Hey! I am trying to continue training by loading a checkpoint. But for some reason, it always starts from scratch. Probably I am just missing something.
loading weights file .../models/checkpoint-2000/pytorch_model.bin
All model checkpoint weights were used when initializing EncoderDecoderModel.
***** Running training *****
Num examples = 222862
Num Epochs = 3
Instantaneous batch size per device = 8
Total train batch size (w. parallel, distributed & accumulation) = 8
Gradient Accumulation steps = 1
Total optimization steps = 83574
I am missing some like:
Continuing training from checkpoint, will skip to saved global_step
Continuing training from epoch 0
Continuing training from global step 48000
Continuing training from 0 non-embedding floating-point operations
Will skip the first 48000 steps in the first epoch
With overwrite_output_dir=True you reset the output dir of your Trainer, which deletes the checkpoints. If you remove that option, it should resume from the lastest checkpoint.
Thanks for your fast response. Unfortunately, it is still not working. I have set overwrite_output_dir=False but the outcome is the same:
loading weights file /content/drive/MyDrive/output/training/roberta/checkpoint-59000/pytorch_model.bin
All model checkpoint weights were used when initializing EncoderDecoderModel.
All the weights of EncoderDecoderModel were initialized from the model checkpoint at /content/drive/MyDrive/output/training/roberta/checkpoint-59000.
If your task is similar to the task the model of the checkpoint was trained on, you can already use EncoderDecoderModel for predictions without further training.
PyTorch: setting up devices
Using amp fp16 backend
***** Running training *****
Num examples = 222862
Num Epochs = 3
Instantaneous batch size per device = 8
Total train batch size (w. parallel, distributed & accumulation) = 8
Gradient Accumulation steps = 1
Total optimization steps = 83574
0% 50/83574 [00:20<9:30:55, 2.44it/s]
Probably I don’t understand something here.
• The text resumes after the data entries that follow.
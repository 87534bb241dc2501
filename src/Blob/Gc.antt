-- ===== src/Blob/Gc.antt =====
-- application/services/blob-gc-service.ts: the collection of blobs that nothing pins.
use synch.Common.{
  ℕ, ◌+◌, ◌*◌, String, Bool, true, false, not, Option, none, some, List, [], ◌∷◌, ◌++◌, map,
  if◌then◌else◌, length, ltb, leb, select, any, distinct,
}
use synch.Domain.BlobGcPolicy.{
  BlobCollectionDecision, collectible, retained, decide_blob_collection, earliest_gc_deadline,
}
use synch.Storage.Rows.{Database}
use synch.Storage.State.{record_gc_completed}
use synch.Storage.Versions.{expire_entry_versions}
use synch.Storage.GcQueries.{
  BlobGcCandidate, list_collectible_blobs, read_collectible_blob, read_gc_deadlines,
}
use synch.Blob.Records.{mark_unpinned_blob_pending_delete, delete_collectible_blob_records}
use synch.Blob.Service.{
  Call, schedule_gc_at, schedule_summary_flush, flush_health_summary_at, notify_storage_status,
}

abbrev pub gc_batch_size : ℕ
gc_batch_size = 1000

unfoldable pub read_next_gc_at : ℕ → Database → Option ℕ
read_next_gc_at now db = earliest_gc_deadline (read_gc_deadlines now db) now

abbrev pub is_kind_collectible : BlobCollectionDecision → Bool
is_kind_collectible collectible = true
is_kind_collectible (retained reason) = false

unfoldable pub is_collectible : ℕ → BlobGcCandidate → Bool
is_collectible now blob = is_kind_collectible (
    decide_blob_collection
      (record {
        state = blob.row.state;
        delete_after = blob.row.delete_after;
        refs = blob.reference_facts;
      })
      now)

-- What the object store answers to a bulk deletion: the ids whose objects it failed to delete.
pub record BatchOutcome : Type 0 where
  pub db : Database
  pub deleted_count : ℕ
  pub failed : Bool

abbrev pub blob_ids : List BlobGcCandidate → List String
blob_ids = map (λ b. b.row.blob_id)

-- The records of the objects that are gone, and no others, are deleted. `failed` stands for the
-- error that is thrown when some key failed.
unfoldable pub delete_collectible_batch :
    (String → Bool) → List BlobGcCandidate → ℕ → Database → BatchOutcome
delete_collectible_batch fails [] now db = record { db = db; deleted_count = 0; failed = false }
delete_collectible_batch fails (b ∷ bs) now db =
    let succeeded = select (λ k. not (fails k)) (blob_ids (b ∷ bs)) in
    let gone = delete_collectible_blob_records succeeded now db in
    record {
      db = if leb (length succeeded) 0 then db else gone.1;
      deleted_count = if leb (length succeeded) 0 then 0 else length gone.0;
      failed = any fails (blob_ids (b ∷ bs));
    }

pub record GcOutcome : Type 0 where
  pub db : Database
  pub next_gc_at : Option ℕ
  pub failed : Bool
  pub calls : List Call

abbrev pub notify_if : Bool → List Call
notify_if true = notify_storage_status ∷ []
notify_if false = []

abbrev pub schedule_if_due : ℕ → Option ℕ → List Call
schedule_if_due now none = []
schedule_if_due now (some at) = schedule_gc_at at now ∷ []

-- The records expire first; then the batch is read, checked again and deleted.
unfoldable pub gc_batch : (String → Bool) → ℕ → Database → BatchOutcome
gc_batch fails now db =
    let expired = expire_entry_versions now db in
    let due = list_collectible_blobs now gc_batch_size expired in
    delete_collectible_batch fails (select (is_collectible now) due) now expired

abbrev pub gc_completed : ℕ → BatchOutcome → GcOutcome
gc_completed now b =
    let next = read_next_gc_at now b.db in
    record {
      db = record_gc_completed now b.db;
      next_gc_at = next;
      failed = false;
      calls =
          schedule_if_due now next
          ++ (flush_health_summary_at now ∷ [])
          ++ notify_if (ltb 0 b.deleted_count);
    }

abbrev pub gc_failed : BatchOutcome → GcOutcome
gc_failed b = record {
  db = b.db;
  next_gc_at = none;
  failed = true;
  calls = notify_if (ltb 0 b.deleted_count);
}

-- `runGc` for a known vault. `may_collect` is the answer of the optional check of the vault.
unfoldable pub run_gc : Bool → (String → Bool) → ℕ → Database → GcOutcome
unfolding read_next_gc_at
run_gc may_collect fails now db =
    let retry_at = now + 60 * 60 * 1000 in
    let b = gc_batch fails now db in
    if not may_collect
    then record {
      db = db;
      next_gc_at = some retry_at;
      failed = false;
      calls = schedule_gc_at retry_at now ∷ [];
    }
    else if b.failed
    then gc_failed b
    else gc_completed now b

-- The loop of `collectPurgedBlobs`: each blob is retired if nothing pins it, and read for collection.
unfoldable pub collect_candidates : List String → ℕ → Database → List BlobGcCandidate × Database
collect_candidates [] now db = ([], db)
collect_candidates (b ∷ bs) now db =
    let db₁ = mark_unpinned_blob_pending_delete b now db in
    let rest = collect_candidates bs now db₁ in
    elim (read_collectible_blob b now db₁) [
      | none ↦ rest
      | some c ↦ if is_collectible now c then (c ∷ rest.0, rest.1) else rest
    ]

abbrev pub purge_calls : ℕ → BatchOutcome → List Call
purge_calls now b =
    schedule_if_due now (read_next_gc_at now b.db)
    ++ (schedule_summary_flush ∷ [])
    ++ notify_if (ltb 0 b.deleted_count)

-- The ids once each; none means that there is nothing to do.
unfoldable pub collect_distinct :
    (String → Bool) → List String → ℕ → Database → Database × List Call
unfolding read_next_gc_at
collect_distinct fails [] now db = (db, [])
collect_distinct fails (b ∷ bs) now db =
    let found = collect_candidates (b ∷ bs) now (expire_entry_versions now db) in
    let batch = delete_collectible_batch fails found.0 now found.1 in
    (batch.db, purge_calls now batch)

-- A failure of the object store is logged and not thrown.
unfoldable pub collect_purged_blobs :
    Bool → (String → Bool) → List String → ℕ → Database → Database × List Call
unfolding collect_distinct
collect_purged_blobs may_collect fails ids now db =
    if not may_collect then (db, []) else collect_distinct fails (distinct [] ids) now db
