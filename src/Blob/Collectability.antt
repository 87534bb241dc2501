-- ===== src/Blob/Collectability.antt =====
-- The SQL condition of adapters/outbound/sqlite/blob-collectability.ts against the policy of
-- domain/blob-gc-policy.ts, which decides the same question in TypeScript.
use synch.Common.{ℕ, ◌≡◌, arith}
use synch.Domain.BlobGcPolicy.{decide_blob_collection}
use synch.Storage.Rows.{Database, BlobRow}
use synch.Storage.References.{read_blob_reference_facts}
use synch.Storage.Blobs.{collectible_blob, blob_unreferenced}
use synch.Storage.GcQueries.{to_candidate}
use synch.Blob.Gc.{is_collectible}

-- A row meets the SQL condition exactly when the policy, asked with the row's state, its deadline and the
-- references that the database holds for it, says that it may be collected.
pub collectible_blob-policy :
    (db : Database) (now : ℕ) (r : BlobRow)
    → is_collectible now (to_candidate now db r) ≡ collectible_blob db now r
unfolding is_collectible collectible_blob blob_unreferenced decide_blob_collection
    read_blob_reference_facts
collectible_blob-policy db now r = ground arith
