-- ===== src/Storage/Invariant/Backing.antt =====
-- Which entries have their blob: the writes to the blobs' table that keep every current entry
-- pointing at a live blob.
use synch.Common.{
  ℕ, ◌≡◌, refl, sym, ◌∙◌, ap, String, ◌==◌, eq_iff, Bool, true, false, Option, none, some, List, [],
  ◌∷◌, ◌++◌, arith, if◌then◌else◌, inl, inr, Bool-cases, find?, any, select, eq_refl, false≢true,
  All, All-map,
}
use synch.Domain.BlobPolicy.{BlobLifecycleState, live}
use synch.Domain.EntryPolicy.{is_text}
use synch.Storage.Table.{update_where, delete_where}
use synch.Storage.Rows.{BlobRow, EntryRow}
use synch.Storage.References.{entry_refers}
use synch.Storage.Blobs.{has_blob_id, with_state}

-- The recorded state of a blob.
unfoldable pub state_in : String → List BlobRow → Option BlobLifecycleState
state_in k [] = none
state_in k (r ∷ rs) = if r.blob_id == k then some r.state else state_in k rs

abbrev pub IsBacked : List BlobRow → Option String → Type 0
IsBacked blobs none = Unit {0}
IsBacked blobs (some b) = state_in b blobs ≡ some live

abbrev pub AllBacked : List BlobRow → List EntryRow → Type 0
AllBacked blobs entries = All (λ e. IsBacked blobs e.blob_id) entries

pub state_in-find? :
    (k : String) (rs : List BlobRow) {r : BlobRow}
    → find? (has_blob_id k) rs ≡ some r
    → state_in k rs ≡ some r.state
unfolding state_in find?
state_in-find? k [] h = cc
state_in-find? k (x ∷ rs) {r} h = ground (arith, state_in-find? k rs {r = r})

-- A write of the state of blob `b`, as seen at `k`.
pub state_in-update :
    (b k : String) (s : BlobLifecycleState) (d : Option ℕ) (rs : List BlobRow)
    → state_in k (update_where (has_blob_id b) (with_state s d) rs)
      ≡ (if b == k then (elim (state_in k rs) [ none ↦ none | some _ ↦ some s ]) else state_in k rs)
unfolding state_in update_where
state_in-update b k s d [] = ground (arith, eq_iff b k)
state_in-update b k s d (r ∷ rs) =
    ground (arith, eq_iff b k, eq_iff r.blob_id b, eq_iff r.blob_id k, state_in-update b k s d rs)

pub IsBacked-update_live :
    (b : String) (d : Option ℕ) (rs : List BlobRow) (o : Option String)
    → IsBacked rs o
    → IsBacked (update_where (has_blob_id b) (with_state live d) rs) o
IsBacked-update_live b d rs none h = tt
IsBacked-update_live b d rs (some k) h = ground (arith, state_in-update b k live d rs)

-- The blob that is marked live backs the entry, if it is recorded.
pub IsBacked-of_live :
    (b : String) (d : Option ℕ) (rs : List BlobRow) (s : BlobLifecycleState)
    → state_in b rs ≡ some s
    → IsBacked (update_where (has_blob_id b) (with_state live d) rs) (some b)
IsBacked-of_live b d rs s h = ground (arith, eq_iff b b, state_in-update b b live d rs)

pub IsBacked-update_ne :
    (b : String) (s : BlobLifecycleState) (d : Option ℕ) (rs : List BlobRow) (o : Option String)
    → is_text o b ≡ false
    → IsBacked rs o
    → IsBacked (update_where (has_blob_id b) (with_state s d) rs) o
IsBacked-update_ne b s d rs none e h = tt
IsBacked-update_ne b s d rs (some k) e h =
    ground (arith, eq_iff b k, eq_iff k b, state_in-update b k s d rs)

-- A blob whose recorded state is not live backs no entry.
pub not_text_of_state :
    (b : String) (rs : List BlobRow) (o : Option String) {s : BlobLifecycleState}
    → state_in b rs ≡ some s
    → ¬ (s ≡ live)
    → IsBacked rs o
    → is_text o b ≡ false
not_text_of_state b rs none h n k = refl
not_text_of_state b rs (some c) {s} h n k = ground (arith, eq_iff c b)

module _ (b : String) (d : Option ℕ) (rs : List BlobRow) where
  pub AllBacked-update_live :
      (es : List EntryRow)
      → AllBacked rs es
      → AllBacked (update_where (has_blob_id b) (with_state live d) rs) es
  AllBacked-update_live es h = All-map _ _ es (λ e k. IsBacked-update_live b d rs e.blob_id k) h

  pub AllBacked-update_unreferenced :
      (s : BlobLifecycleState) (es : List EntryRow)
      → any (entry_refers b) es ≡ false
      → AllBacked rs es
      → AllBacked (update_where (has_blob_id b) (with_state s d) rs) es
  unfolding any
  AllBacked-update_unreferenced s [] n h = tt
  AllBacked-update_unreferenced s (e ∷ es) n h = (
    IsBacked-update_ne b s d rs e.blob_id (ground arith) h.0,
    AllBacked-update_unreferenced s es (ground arith) h.1,
  )

-- No current entry points at a blob that is not live.
pub unreferenced_of_state :
    (b : String) (rs : List BlobRow) (s : BlobLifecycleState) (es : List EntryRow)
    → state_in b rs ≡ some s
    → ¬ (s ≡ live)
    → AllBacked rs es
    → any (entry_refers b) es ≡ false
unfolding any
unreferenced_of_state b rs s [] e n h = refl
unreferenced_of_state b rs s (x ∷ es) e n h = ground (
  arith,
  not_text_of_state b rs x.blob_id {s = s} e n h.0,
  unreferenced_of_state b rs s es e n h.1,
)

-- Any update that keeps the rows' keys, as seen at another key.
state_in-touch_ne :
    (b k : String) (f : BlobRow → BlobRow) (rs : List BlobRow)
    → ((r : BlobRow) → (f r).blob_id ≡ r.blob_id)
    → (b == k) ≡ false
    → state_in k (update_where (has_blob_id b) f rs) ≡ state_in k rs
unfolding state_in update_where
state_in-touch_ne b k f [] keep n = refl
state_in-touch_ne b k f (r ∷ rs) keep n = ground (
  arith,
  keep r,
  eq_iff b k,
  eq_iff r.blob_id b,
  eq_iff r.blob_id k,
  state_in-touch_ne b k f rs keep n,
)

pub AllBacked-touch_unreferenced :
    (b : String) (f : BlobRow → BlobRow) (rs : List BlobRow) (es : List EntryRow)
    → ((r : BlobRow) → (f r).blob_id ≡ r.blob_id)
    → any (entry_refers b) es ≡ false
    → AllBacked rs es
    → AllBacked (update_where (has_blob_id b) f rs) es
unfolding any
AllBacked-touch_unreferenced b f rs [] keep n h = tt
AllBacked-touch_unreferenced b f rs (e ∷ es) keep n h = (
  one e.blob_id (ground arith) h.0,
  AllBacked-touch_unreferenced b f rs es keep (ground arith) h.1,
)
  where
    one :
        (o : Option String)
        → is_text o b ≡ false
        → IsBacked rs o
        → IsBacked (update_where (has_blob_id b) f rs) o
    one none m k = tt
    one (some c) m k = state_in-touch_ne b c f rs keep (ground (arith, eq_iff b c, eq_iff c b)) ∙ k

state_in-append :
    (k : String) (rs : List BlobRow) (new : BlobRow) {s : BlobLifecycleState}
    → state_in k rs ≡ some s
    → state_in k (rs ++ new ∷ []) ≡ some s
unfolding state_in
state_in-append k [] new h = cc
state_in-append k (r ∷ rs) new {s} h = ground (arith, state_in-append k rs new {s = s})

-- A new record leaves every entry backed.
pub AllBacked-append :
    (rs : List BlobRow) (new : BlobRow) (es : List EntryRow)
    → AllBacked rs es
    → AllBacked (rs ++ new ∷ []) es
AllBacked-append rs new es h = All-map _ _ es (λ e k. one e.blob_id k) h
  where
    one : (o : Option String) → IsBacked rs o → IsBacked (rs ++ new ∷ []) o
    one none k = tt
    one (some c) k = state_in-append c rs new {s = live} k

state_in-delete :
    (k : String) (p : BlobRow → Bool) (rs : List BlobRow)
    → ((r : BlobRow) → r.blob_id ≡ k → p r ≡ false)
    → state_in k (delete_where p rs) ≡ state_in k rs
unfolding state_in delete_where select
state_in-delete k p [] keep = refl
state_in-delete k p (r ∷ rs) keep = elim (Bool-cases (r.blob_id == k)) [
  | inl e ↦
      let kept : p r ≡ false = keep r ((eq_iff r.blob_id k).0 e) in
      ground (arith, state_in-delete k p rs keep)
  | inr e ↦ ground (arith, state_in-delete k p rs keep)
]

-- A deletion of records that no current entry points at leaves every entry backed.
pub AllBacked-delete :
    (p : BlobRow → Bool) (rs : List BlobRow) (all es : List EntryRow)
    → ((r : BlobRow) → p r ≡ true → any (entry_refers r.blob_id) all ≡ false)
    → ((k : String) → any (entry_refers k) es ≡ true → any (entry_refers k) all ≡ true)
    → AllBacked rs es
    → AllBacked (delete_where p rs) es
unfolding any
AllBacked-delete p rs all [] free sub h = tt
AllBacked-delete p rs all (e ∷ es) free sub h = (
  one e.blob_id (λ k m. sub k (ground arith)) h.0,
  AllBacked-delete p rs all es free (λ k m. sub k (ground arith)) h.1,
)
  where
    one :
        (o : Option String)
        → ((k : String) → is_text o k ≡ true → any (entry_refers k) all ≡ true)
        → IsBacked rs o
        → IsBacked (delete_where p rs) o
    one none s k = tt
    one (some c) s k =
        state_in-delete c p rs (λ r q. elim (Bool-cases (p r)) [
          | inl t ↦
              absurd (
                false≢true
                  (sym (free r t) ∙ ap (λ x. any (entry_refers x) all) q ∙ s c (eq_refl c)))
          | inr f ↦ f
        ])
        ∙ k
When resuming I pick the checkpoint path as the model path. That’s correct right?
I am a bit confused by the documentation:
overwrite_output_dir ( bool , optional, defaults to False ) – If True , overwrite the content of the output directory. Use this to continue training if output_dir points to a checkpoint directory.
Since I point to a checkpoint directory this should be set to True, right?
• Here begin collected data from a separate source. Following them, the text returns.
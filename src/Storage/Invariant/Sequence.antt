-- ===== src/Storage/Invariant/Sequence.antt =====
-- Cursors: each write of an entry takes a new one.
use synch.Common.{
  ℕ, ◌≤◌, ◌<◌, ◌≡◌, ◌≢◌, refl, sym, ◌∙◌, subst, String, ◌==◌, eq_iff, false, false≢true, Option,
  none, some, List, [], ◌∷◌, ◌++◌, arith, inl, inr, Bool-cases, any, All, All-map, All-append,
}
use synch.Storage.Table.{update_where, upsert_where, All-update_where, All-upsert_where}
use synch.Storage.Rows.{EntryRow, CoordinatorState}
use synch.Storage.Entries.{has_entry_id}

-- Two rows differ in their cursor and in their key.
abbrev pub Differ : EntryRow → EntryRow → Type 0
Differ e x = (x.updated_seq ≢ e.updated_seq) × ((x.entry_id == e.entry_id) ≡ false)

abbrev pub AllDiffer : List EntryRow → Type 0
AllDiffer [] = Unit {0}
AllDiffer (e ∷ es) = All (Differ e) es × AllDiffer es

abbrev pub SeqsUpTo : ℕ → List EntryRow → Type 0
SeqsUpTo c es = All (λ e. e.updated_seq ≤ c) es

pub record IsSequencedAt (c : ℕ) (es : List EntryRow) : Type 0 where
  pub up_to : SeqsUpTo c es
  pub differ : AllDiffer es

abbrev pub IsSequenced : Option CoordinatorState → List EntryRow → Type 0
IsSequenced none es = es ≡ []
IsSequenced (some s) es = IsSequencedAt s.current_cursor es

-- Rows with another key are left alone.
update_where_none :
    (k : String) (new : EntryRow) (es : List EntryRow)
    → All (λ x. (x.entry_id == k) ≡ false) es
    → update_where (has_entry_id k) (λ _. new) es ≡ es
unfolding update_where
update_where_none k new [] h = refl
update_where_none k new (e ∷ es) h = ground (arith, h.0, update_where_none k new es h.1)

module _ (c : ℕ) (new : EntryRow) (fresh : c < new.updated_seq) where
  -- The new row against the rows that stay.
  new_differs :
      (es : List EntryRow)
      → SeqsUpTo c es
      → All (λ x. (x.entry_id == new.entry_id) ≡ false) es
      → All (Differ new) es
  new_differs [] u n = tt
  new_differs (e ∷ es) u n = (((λ p. absurd (omega arith)), n.0), new_differs es u.1 n.1)

  differs_from_new :
      (e : EntryRow) → e.updated_seq ≤ c → (e.entry_id == new.entry_id) ≡ false → Differ e new
  differs_from_new e u n = (
    (λ p. absurd (omega arith)),
    ground (arith, eq_iff e.entry_id new.entry_id, eq_iff new.entry_id e.entry_id),
  )

  AllDiffer-update :
      (es : List EntryRow)
      → SeqsUpTo c es
      → AllDiffer es
      → AllDiffer (update_where (has_entry_id new.entry_id) (λ _. new) es)
  unfolding update_where
  AllDiffer-update [] u h = tt
  AllDiffer-update (e ∷ es) u h = elim (Bool-cases (e.entry_id == new.entry_id)) [
    | inl same ↦
        let others : All (λ x. (x.entry_id == new.entry_id) ≡ false) es =
          subst (λ k. All (λ x. (x.entry_id == k) ≡ false) es) ((eq_iff _ _).0 same)
            (All-map (Differ e) (λ x. (x.entry_id == e.entry_id) ≡ false) es (λ x d. d.1) h.0) in
        rw (same, update_where_none new.entry_id new es others) (new_differs es u.1 others, h.1)
    | inr other ↦ rw other (
      All-update_where (Differ e) (has_entry_id new.entry_id) (λ _. new) es
          (λ x _ _. differs_from_new e u.0 other) h.0,
      AllDiffer-update es u.1 h.1,
    )
  ]

  AllDiffer-append :
      (es : List EntryRow)
      → SeqsUpTo c es
      → any (has_entry_id new.entry_id) es ≡ false
      → AllDiffer es
      → AllDiffer (es ++ new ∷ [])
  unfolding any
  AllDiffer-append [] u n h = (tt, tt)
  AllDiffer-append (e ∷ es) u n h = elim (Bool-cases (e.entry_id == new.entry_id)) [
    | inl same ↦ absurd (false≢true (sym n ∙ (rw same)))
    | inr other ↦ (
      All-append (Differ e) es (new ∷ []) h.0 (differs_from_new e u.0 other, tt),
      AllDiffer-append es u.1 (ground arith) h.1,
    )
  ]

  -- A write of an entry under a cursor ahead of all others keeps the rows apart.
  pub IsSequencedAt-upsert :
      (es : List EntryRow)
      → IsSequencedAt c es
      → IsSequencedAt new.updated_seq (upsert_where (has_entry_id new.entry_id) new (λ _. new) es)
  unfolding upsert_where
  IsSequencedAt-upsert es h = record {
    up_to =
        All-upsert_where (λ e. e.updated_seq ≤ new.updated_seq) _ new _ es (omega arith)
          (λ x _ _. omega arith) (All-map _ _ es (λ e l. omega arith) h.up_to);
    differ = elim (Bool-cases (any (has_entry_id new.entry_id) es)) [
      | inl e ↦ rw e (AllDiffer-update es h.up_to h.differ)
      | inr e ↦ rw e (AllDiffer-append es h.up_to e h.differ)
    ];
  }
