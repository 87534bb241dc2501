-- ===== src/Storage/Invariant.antt =====
-- What a vault's database is to satisfy between two transactions, and the rules by which the
-- stores' writes keep it.
pub mod Backing
pub mod Accounting
pub mod Sequence
use synch.Storage.Rows.{Database}
use Backing.{AllBacked}
use Accounting.{IsCounted}
use Sequence.{IsSequenced}

pub record IsConsistent (db : Database) : Type 0 where
  -- Every current entry that names a blob names one that is recorded as live.
  pub backed : AllBacked db.blobs db.entries
  -- The storage counter is the sum of the sizes of the recorded blobs.
  pub counted : IsCounted db.state db.blobs
  -- No two entries share a cursor, and none is ahead of the vault's cursor.
  pub sequenced : IsSequenced db.state db.entries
Sorry for so many questions. This is all very new to me.
Oh the documentation is outdated, you shouldn’t use your model from the checkpoint directory anymore, as long as the checkpoint is in the output_dir, the Trainer will use it if you do trainer.train(resume_from_checkpoint=True).
You can also pass the folder to your exact checkpoint instead of True.
Hello, can you elaborate on what you mean by saying “you shouldn’t use your model from the checkpoint directory anymore” ? If I want to continue training from my last checkpoint, how should I load my model using from_pretrained()?
Should I not pass the path to the checkpoint inside the from_pretrained() method?
Thanks for the very fast reply. I don’t understand how I must load my model in this case? I am using the Wav2Vec2ForCTC model, and I’ve fine-tuned it for 27 epochs, while initially I asked it to train for 100 epochs. But I had to stop it, and I have the checkpoint of the 27th epoch.
Am I supposed to load it using the initial model = Wav2Vec2ForCTC.from_pretrained('facebook/wav2vec2-large-xlsr-53') ?
If I do this, and then re-define the trainer & training arguments, then start training using the code you provided, will it over-write the pretrained loaded weights and use my saved ones?
This is from the documentation. Isn’t this what I am doing? When should I set this to True? I am sorry for the many questions, it’s just that I am not sure what is the proper order to continue from a checkpoint, as there are many different choices to take into account.
In particular, when I re-define my trainer and training arguments, if my output_dir is the one containing the checkpoint, shouldn’t I set the overwrite to True? Can I even set a completely different output_dir, that does not contain my final checkpoint?
The documentation is wrong in this case (it is very old so I’m guessins we forgot to update it). In any case:
overwrite_output_dir is only used in the example scripts, not the Trainer class iself, so its value is irrelevant if you are not using an example script
when using an example script it needs to be set to False to resume from a checkpoint.
@sgugger I am using trainer.train(resume_from_checkpoint=True) to train the model from last checkpoint but it starts from the beginning. I can see the checkpoints saved in the correct folder. I did earlier have overwrite_output_dir=True in my training args. I have removed it now but no avail.
Can you please comment on what could be going wrong here?
Maybe overwrite_output_dir=True deleted all your checkpoints, check the output directory! If this happened, you have to repeat the first part of the training and then execute the second part always keeping overwrite_output_dir=False.